**Data supplied:**
/---

-- ===== src/Usi/TimeManager/Bounds.antt =====
-- The order of the deadlines that TimeManager::Compute sets, and what they leave of the clock.
use jhbr.Base.{
  ◌≡◌, refl, ◌⊎◌, inl, inr, true, false, not, ◌||◌, Bool-cases, arith, ℤ, pos, ◌+ℤ◌, ◌-ℤ◌, ◌*ℤ◌,
  ◌≤ℤ◌, quot, max_ℤ, min_ℤ, ltℤ-cases, max_ℤ_bounds, min_ℤ_bounds, min_ℤ_greatest, clamp_bounds,
}
use jhbr.Usi.Floats.{Floats}
use jhbr.Usi.TimeManager.{
  TimeControl, TimeOptions, TimeBudget, TimeManagementMode, under_mode, off, shadow, on, is_off,
  positive, active_move_cap, overhead, clock_response, capped_response, response_ms, byoyomi_floor,
  earliest_ms, latest_ms, extension_percent, pure_byoyomi, cap_only, target_ms, adapt, compute,
  compute_legacy,
}

-- The deadline leaves the overhead, on the clock that the command gave and under the cap.
pub record InTime (c : TimeControl) (o : TimeOptions) (response : ℤ) : Type 0 where
  pub by_move_time :
      positive c.move_time_ms ≡ true → response ≤ℤ max_ℤ (c.move_time_ms -ℤ overhead o) (pos 1)
  pub by_clock :
      positive c.move_time_ms ≡ false
      → (positive c.main_time_ms || positive c.byoyomi_ms) ≡ true
      → response ≤ℤ max_ℤ (c.main_time_ms +ℤ c.byoyomi_ms -ℤ overhead o) (pos 1)
  pub by_cap :
      positive (active_move_cap c o) ≡ true
      → response ≤ℤ max_ℤ (active_move_cap c o -ℤ overhead o) (pos 1)

pub record IsScheduled {F : Type 0} (c : TimeControl) (o : TimeOptions) (b : TimeBudget F)
    : Type 0 where
  pub begins : pos 1 ≤ℤ b.earliest_stop_ms
  pub earliest : b.earliest_stop_ms ≤ℤ b.target_stop_ms
  pub target : b.target_stop_ms ≤ℤ b.latest_search_ms
  pub latest : b.latest_search_ms ≤ℤ b.response_deadline_ms
  pub guard : b.root_guard_deadline_ms ≡ b.response_deadline_ms
  pub in_force : o.mode ≡ on → b.hard_deadline_ms ≡ b.response_deadline_ms
  pub in_time : InTime c o b.response_deadline_ms

capped-le : (cap over r : ℤ) → positive r ≡ true → capped_response cap over r ≤ℤ r
unfolding capped_response
capped-le cap over r h = elim (Bool-cases (positive cap)) [
  | inl e ↦ rw (e, h) (min_ℤ_bounds r (max_ℤ (cap -ℤ over) (pos 1))).0
  | inr e ↦ rw e (omega arith)
]

capped-le_cap :
    (cap over r : ℤ)
    → positive cap ≡ true
    → capped_response cap over r ≤ℤ max_ℤ (cap -ℤ over) (pos 1)
unfolding capped_response
capped-le_cap cap over r e = elim (Bool-cases (positive r)) [
  | inl h ↦ rw (e, h) (min_ℤ_bounds r (max_ℤ (cap -ℤ over) (pos 1))).1
  | inr h ↦ rw (e, h) (omega arith)
]

positive_max : (a : ℤ) → positive (max_ℤ a (pos 1)) ≡ true
positive_max a = elim (ltℤ-cases (pos 0) (max_ℤ a (pos 1))) [
  | inl (e, l) ↦ e
  | inr (e, l) ↦ absurd (omega (arith, max_ℤ_bounds a (pos 1)))
]

response-InTime : (c : TimeControl) (o : TimeOptions) → InTime c o (response_ms c o)
unfolding response_ms clock_response
response-InTime c o = record {
  by_move_time = λ m. rw m (capped-le (active_move_cap c o) (overhead o) _ (positive_max _));
  by_clock = λ m t. rw (m, t) (capped-le (active_move_cap c o) (overhead o) _ (positive_max _));
  by_cap = λ e. capped-le_cap (active_move_cap c o) (overhead o) _ e;
}

target_bounds :
    (f d : Floats) (c : TimeControl) (o : TimeOptions) (r : ℤ)
    → pos 1 ≤ℤ r
    → (pos 1 ≤ℤ target_ms f d c o r) × (target_ms f d c o r ≤ℤ r)
unfolding target_ms
target_bounds f d c o r h =
    elim (Bool-cases
      (positive c.move_time_ms || (pure_byoyomi c || cap_only c (active_move_cap c o)))) [
        | inl e ↦ rw e (h, omega arith)
        | inr e ↦ rw e (bounded _)
      ]
  where
    bounded : (v : ℤ) → (pos 1 ≤ℤ min_ℤ (max_ℤ v (pos 100)) r) × (min_ℤ (max_ℤ v (pos 100)) r ≤ℤ r)
    bounded v = (
      min_ℤ_greatest (max_ℤ v (pos 100)) r (pos 1) (omega (arith, max_ℤ_bounds v (pos 100))) h,
      (min_ℤ_bounds (max_ℤ v (pos 100)) r).1,
    )

earliest_bounds :
    (c : TimeControl) (o : TimeOptions) (t : ℤ)
    → pos 1 ≤ℤ t
    → (pos 1 ≤ℤ earliest_ms c o t) × (earliest_ms c o t ≤ℤ t)
unfolding earliest_ms
earliest_bounds c o t h =
    let a = max_ℤ (pos 100) (quot t 10) in
    let b = max_ℤ a (byoyomi_floor c o) in
    (
      min_ℤ_greatest b t (pos 1)
          (omega (arith, max_ℤ_bounds (pos 100) (quot t 10), max_ℤ_bounds a (byoyomi_floor c o))) h,
      (min_ℤ_bounds b t).1,
    )

under_mode-IsScheduled :
    (f d : Floats) (c : TimeControl) (o : TimeOptions) (b : TimeBudget f.Value)
    (m : TimeManagementMode)
    → o.mode ≡ m
    → pos 1 ≤ℤ b.earliest_stop_ms
    → b.earliest_stop_ms ≤ℤ b.target_stop_ms
    → b.target_stop_ms ≤ℤ b.latest_search_ms
    → b.latest_search_ms ≤ℤ b.response_deadline_ms
    → b.root_guard_deadline_ms ≡ b.response_deadline_ms
    → InTime c o b.response_deadline_ms
    → IsScheduled c o (under_mode f d m b)
under_mode-IsScheduled f d c o b off e p q r s g t = record {
  begins = p;
  earliest = q;
  target = r;
  latest = s;
  guard = g;
  in_force = λ h. cc;
  in_time = t;
}
under_mode-IsScheduled f d c o b shadow e p q r s g t = record {
  begins = p;
  earliest = q;
  target = r;
  latest = s;
  guard = g;
  in_force = λ h. cc;
  in_time = t;
}
under_mode-IsScheduled f d c o b on e p q r s g t = record {
  begins = p;
  earliest = q;
  target = r;
  latest = s;
  guard = g;
  in_force = λ h. refl;
  in_time = t;
}

adapt-IsScheduled :
    (f d : Floats) (c : TimeControl) (o : TimeOptions) (b : TimeBudget f.Value)
    → pos 1 ≤ℤ response_ms c o
    → IsScheduled c o (adapt f d c o (response_ms c o) b)
unfolding adapt latest_ms
adapt-IsScheduled f d c o b h =
    let target = target_ms f d c o (response_ms c o) in
    let (least, most) = target_bounds f d c o (response_ms c o) h in
    let (later, in_limit) =
      clamp_bounds (quot (target *ℤ extension_percent c o) 100) target (response_ms c o) most in
    let (first, before) = earliest_bounds c o target least in
    elim (Bool-cases (pure_byoyomi c)) [
      | inl e ↦ rw e (
          under_mode-IsScheduled f d c o _ o.mode refl least (omega arith) later in_limit refl
            (response-InTime c o))
      | inr e ↦ rw e (
          under_mode-IsScheduled f d c o _ o.mode refl first before later in_limit refl
            (response-InTime c o))
    ]

-- A budget with no adaptive deadline, and why it has none.
pub record IsUnscheduled {F : Type 0} (c : TimeControl) (o : TimeOptions) (b : TimeBudget F)
    : Type 0 where
  pub cause :
      (c.infinite || (is_off o.mode || (c.ponder || not (positive (response_ms c o))))) ≡ true
  pub no_target : b.target_stop_ms ≡ pos 0
  pub no_latest : b.latest_search_ms ≡ pos 0
  pub no_early_stop : b.allow_early_stop ≡ false
  pub no_extension : b.allow_extension ≡ false

legacy-IsUnscheduled :
    (f d : Floats) (c : TimeControl) (o : TimeOptions) (seconds : f.Value) (deadline : ℤ)
    → (c.infinite || (is_off o.mode || (c.ponder || not (positive (response_ms c o))))) ≡ true
    → IsUnscheduled c o (record (compute_legacy f d c o) {
      mode = o.mode;
      mcts_time_seconds = seconds;
      hard_deadline_ms = deadline;
    })
unfolding compute_legacy
legacy-IsUnscheduled f d c o seconds deadline e = record {
  cause = e;
  no_target = refl;
  no_latest = refl;
  no_early_stop = refl;
  no_extension = refl;
}

-- Compute sets no adaptive deadline where the search is infinite, pondering or not managed, or the
-- command and the cap leave no deadline. Otherwise the earliest stop, the target, the latest search
-- time and the response deadline stand in this order, from 1 ms on. The deadline leaves the clamped
-- overhead on the move time, on the main time with byoyomi, and under the active cap, or is 1 ms, and
-- in mode `on` it is the hard deadline.
pub compute_bounds :
    (f d : Floats) (c : TimeControl) (o : TimeOptions)
    → IsUnscheduled c o (compute f d c o) ⊎ IsScheduled c o (compute f d c o)
unfolding compute compute_legacy
compute_bounds f d c o = elim (Bool-cases c.infinite) [
  | inl i ↦ simp i (inl (legacy-IsUnscheduled f d c o _ _ (simp i)))
  | inr i ↦ elim (Bool-cases (is_off o.mode)) [
    | inl m ↦ simp (i, m) (inl (legacy-IsUnscheduled f d c o _ _ (simp (i, m))))
    | inr m ↦ elim (Bool-cases c.ponder) [
      | inl p ↦ simp (i, m, p) (inl (legacy-IsUnscheduled f d c o _ _ (simp (i, m, p))))
      | inr p ↦ elim (ltℤ-cases (pos 0) (response_ms c o)) [
        | inl (e, l) ↦ simp (i, m, p, e) (inr (adapt-IsScheduled f d c o _ (omega arith)))
        | inr (e, l) ↦
            simp (i, m, p, e) (inl (legacy-IsUnscheduled f d c o _ _ (simp (i, m, p, e))))
      ]
    ]
  ]
]
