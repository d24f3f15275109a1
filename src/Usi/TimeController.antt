-- ===== src/Usi/TimeController.antt =====
-- AdaptiveTimeController of usi/time_manager.cc: when a search stops.
pub mod Stops
pub mod Search
use jhbr.Base.{
  ℕ, ◌+◌, Bool, true, false, not, ◌&&◌, ◌||◌, if◌then◌else◌, ℤ, pos, negsuc, ltℤ, ◌+ℤ◌, ◌-ℤ◌, ◌*ℤ◌,
  quot, max_ℤ, List, [], ◌∷◌,
}
use jhbr.Usi.Floats.{Floats, max_of}
use jhbr.Usi.TimeManager.{TimeBudget, positive}

pub data TimeStopReason : Type 0 where
  kept_on proven early_dominant target_stable extension_stable latest : TimeStopReason
  legacy_limit node_limit external tree_full : TimeStopReason

pub record RootSearchSnapshot (F : Type 0) : Type 0 where
  pub elapsed_ms : ℤ
  pub new_playouts : ℤ
  pub best_index : ℤ
  pub second_index : ℤ
  pub best_visits : ℤ
  pub second_visits : ℤ
  pub best_q : F
  pub second_q : F
  pub best_proven : Bool

-- AdaptiveTimeDecision without its copy of the snapshot.
pub record AdaptiveTimeDecision : Type 0 where
  pub should_stop : Bool
  pub extension_active : Bool
  pub reason : TimeStopReason
  pub effective_deadline_ms : ℤ
  pub best_changes : ℤ
  pub stable_ms : ℤ
  pub projected_remaining : ℤ

pub record Controller (F D : Type 0) : Type 0 where
  pub budget : TimeBudget F
  pub in_flight_playouts : ℤ
  pub last_best_index : ℤ
  pub last_best_change_ms : ℤ
  pub last_sample_ms : ℤ
  pub last_sample_playouts : ℤ
  pub ema_nps : D
  pub extension_deadline_ms : ℤ
  pub decision : AdaptiveTimeDecision

abbrev pub negative : ℤ → Bool
negative a = ltℤ a (pos 0)

abbrev pub same_ℤ : ℤ → ℤ → Bool
same_ℤ a b = not (ltℤ a b) && not (ltℤ b a)

unfoldable pub has_adaptive_deadline : {F : Type 0} → TimeBudget F → Bool
has_adaptive_deadline b = positive b.target_stop_ms && positive b.latest_search_ms

module _ (f d : Floats) where
  abbrev pub TimeController : Type 0
  TimeController = Controller f.Value d.Value

  abbrev pub Snapshot : Type 0
  Snapshot = RootSearchSnapshot f.Value

  abbrev pub zero_d : d.Value
  zero_d = d.literal 0 1

  -- AdaptiveTimeController::Reset
  unfoldable pub reset : TimeBudget f.Value → ℤ → TimeController
  reset b in_flight = record {
    budget = b;
    in_flight_playouts = max_ℤ in_flight (pos 0);
    last_best_index = negsuc 0;
    last_best_change_ms = pos 0;
    last_sample_ms = pos 0;
    last_sample_playouts = pos 0;
    ema_nps = zero_d;
    extension_deadline_ms = pos 0;
    decision = record {
      should_stop = false;
      extension_active = false;
      reason = kept_on;
      effective_deadline_ms = b.target_stop_ms;
      best_changes = pos 0;
      stable_ms = pos 0;
      projected_remaining = pos 0;
    };
  }

  -- ProjectRemaining: the rates, and the playouts that they leave up to a deadline.
  unfoldable pub whole_nps : Snapshot → d.Value
  whole_nps s =
      d.over (d.times (d.of_int s.new_playouts) (d.literal 10000 1))
        (d.of_int (max_ℤ s.elapsed_ms (pos 1)))

  unfoldable pub recent_nps : Snapshot → TimeController → d.Value
  recent_nps s c =
      if positive c.last_sample_ms
        && (ltℤ c.last_sample_ms s.elapsed_ms && not (ltℤ s.new_playouts c.last_sample_playouts))
      then d.over
          (d.times (d.of_int (s.new_playouts -ℤ c.last_sample_playouts)) (d.literal 10000 1))
          (d.of_int (s.elapsed_ms -ℤ c.last_sample_ms))
      else whole_nps s

  unfoldable pub mean_nps : d.Value → d.Value → d.Value
  mean_nps ema recent =
      if d.less_eq ema zero_d
      then recent
      else d.plus (d.times (d.literal 75 2) ema) (d.times (d.literal 25 2) recent)

  unfoldable pub project_remaining : Snapshot → ℤ → TimeController → ℤ × TimeController
  project_remaining s deadline c =
      let whole = whole_nps s in
      let recent = recent_nps s c in
      let ema = mean_nps c.ema_nps recent in
      let upper = max_of d (max_of d (max_of d whole recent) ema) zero_d in
      let remaining = max_ℤ (deadline -ℤ s.elapsed_ms) (pos 0) in
      (
        d.ceil (
              d.over (d.times (d.times (d.literal 120 2) upper) (d.of_int remaining))
                (d.literal 10000 1))
            +ℤ c.in_flight_playouts,
        record c {
          ema_nps = ema;
          last_sample_ms = s.elapsed_ms;
          last_sample_playouts = s.new_playouts;
        },
      )

  abbrev pub stable_for : Snapshot → TimeController → ℤ
  stable_for s c = max_ℤ (s.elapsed_ms -ℤ c.last_best_change_ms) (pos 0)

  -- StableAndDominant, with the tolerance 0.02f of its calls.
  unfoldable pub stable_and_dominant : Snapshot → ℤ → ℤ → TimeController → Bool × TimeController
  stable_and_dominant s deadline required c =
      let (projected, c') = project_remaining s deadline c in
      let stable = stable_for s c' in
      (
        not (negative s.best_index)
            && (not (ltℤ stable required)
                && (ltℤ projected (s.best_visits -ℤ s.second_visits)
                    && f.less_eq (f.minus s.second_q (f.literal 2 2)) s.best_q)),
        record c' {
          decision = record c'.decision { projected_remaining = projected; stable_ms = stable };
        },
      )

  -- A decision to stop, with its deadline.
  abbrev pub stopped : TimeStopReason → ℤ → TimeController → TimeController
  stopped reason deadline c = record c {
    decision = record c.decision {
      should_stop = true;
      reason = reason;
      effective_deadline_ms = deadline;
    };
  }

  unfoldable pub track_best : Snapshot → TimeController → TimeController
  track_best s c =
      let moved = record c {
        last_best_index = s.best_index;
        last_best_change_ms = s.elapsed_ms;
        decision = record c.decision {
          best_changes =
              if negative c.last_best_index
              then c.decision.best_changes
              else c.decision.best_changes +ℤ pos 1;
        };
      } in
      let c' = if same_ℤ s.best_index c.last_best_index then c else moved in
      record c' { decision = record c'.decision { stable_ms = stable_for s c' } }

  abbrev pub stable_required : TimeController → ℤ
  stable_required c = max_ℤ (pos 200) (quot c.budget.target_stop_ms 10)

  -- The end of Update, with an extension deadline.
  unfoldable pub extending : Snapshot → TimeController → TimeController
  extending s c =
      let dominant = stable_and_dominant s c.extension_deadline_ms (stable_required c) c in
      if not (ltℤ s.elapsed_ms c.extension_deadline_ms)
      then stopped latest c.decision.effective_deadline_ms c
      else if dominant.0
      then stopped extension_stable s.elapsed_ms dominant.1
      else dominant.1

  unfoldable pub extend_to : ℤ → TimeController → TimeController
  extend_to deadline c = record c {
    extension_deadline_ms = deadline;
    decision = record c.decision { extension_active = true; effective_deadline_ms = deadline };
  }

  abbrev pub q_inversion : Snapshot → Bool
  q_inversion s = f.less (f.plus s.best_q (f.literal 2 2)) s.second_q

  abbrev pub recent_change : TimeController → Bool
  recent_change c = ltℤ c.decision.stable_ms (stable_required c)

  -- Whether the second move may still catch up, by these playouts that are to come.
  unfoldable pub visit_pressure : Snapshot → ℤ → Bool
  visit_pressure s projected =
      let ratio = d.over (d.of_int s.best_visits) (d.of_int (max_ℤ s.second_visits (pos 1))) in
      d.less ratio (d.literal 15 1) || not (ltℤ projected (s.best_visits -ℤ s.second_visits))

  unfoldable pub extension_goal : Snapshot → TimeController → ℤ
  extension_goal s c =
      let target = c.budget.target_stop_ms in
      if q_inversion s || recent_change c
      then c.budget.latest_search_ms
      else target +ℤ quot (c.budget.latest_search_ms -ℤ target) 2

  -- The first time past the target: whether to extend, and how far.
  unfoldable pub open_extension : Snapshot → TimeController → TimeController
  open_extension s c =
      let (projected, c') = project_remaining s c.budget.latest_search_ms c in
      if not (q_inversion s) && (not (recent_change c') && not (visit_pressure s projected))
      then stopped target_stable c'.budget.target_stop_ms c'
      else extending s (extend_to (extension_goal s c') c')

  unfoldable pub at_target : Snapshot → TimeController → TimeController
  at_target s c =
      if not c.budget.allow_extension || not (ltℤ c.budget.target_stop_ms c.budget.latest_search_ms)
      then stopped target_stable c.budget.target_stop_ms c
      else if same_ℤ c.extension_deadline_ms (pos 0)
      then open_extension s c
      else extending s c

  unfoldable pub past_early : Snapshot → TimeController → TimeController
  past_early s c = if ltℤ s.elapsed_ms c.budget.target_stop_ms then c else at_target s c

  unfoldable pub unproven : Snapshot → TimeController → TimeController
  unproven s c =
      let dominant = stable_and_dominant s c.budget.target_stop_ms (stable_required c) c in
      if c.budget.allow_early_stop
        && (not (ltℤ s.elapsed_ms c.budget.earliest_stop_ms)
            && ltℤ s.elapsed_ms c.budget.target_stop_ms)
      then (if dominant.0
          then stopped early_dominant s.elapsed_ms dominant.1
          else past_early s dominant.1)
      else past_early s c

  unfoldable pub judge : Snapshot → TimeController → TimeController
  judge s c = if s.best_proven then stopped proven s.elapsed_ms c else unproven s c

  -- AdaptiveTimeController::Update
  unfoldable pub update : Snapshot → TimeController → TimeController
  update s c =
      if not (has_adaptive_deadline c.budget) || c.decision.should_stop
      then c
      else judge s (track_best s c)

  -- The updates of a search.
  unfoldable pub updates : List Snapshot → TimeController → TimeController
  updates [] c = c
  updates (s ∷ ss) c = updates ss (update s c)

\---

**Exercise goal:** What lines in the entries above include the string "jhbr"? Return each one.

**Answer space:**
use jhbr.Base.{
use jhbr.Usi.Floats.{Floats}
use jhbr.Usi.TimeManager.{
use jhbr.Base.{
use jhbr.Usi.Floats.{Floats, max_of}
use jhbr.Usi.TimeManager.{TimeBudget, positive}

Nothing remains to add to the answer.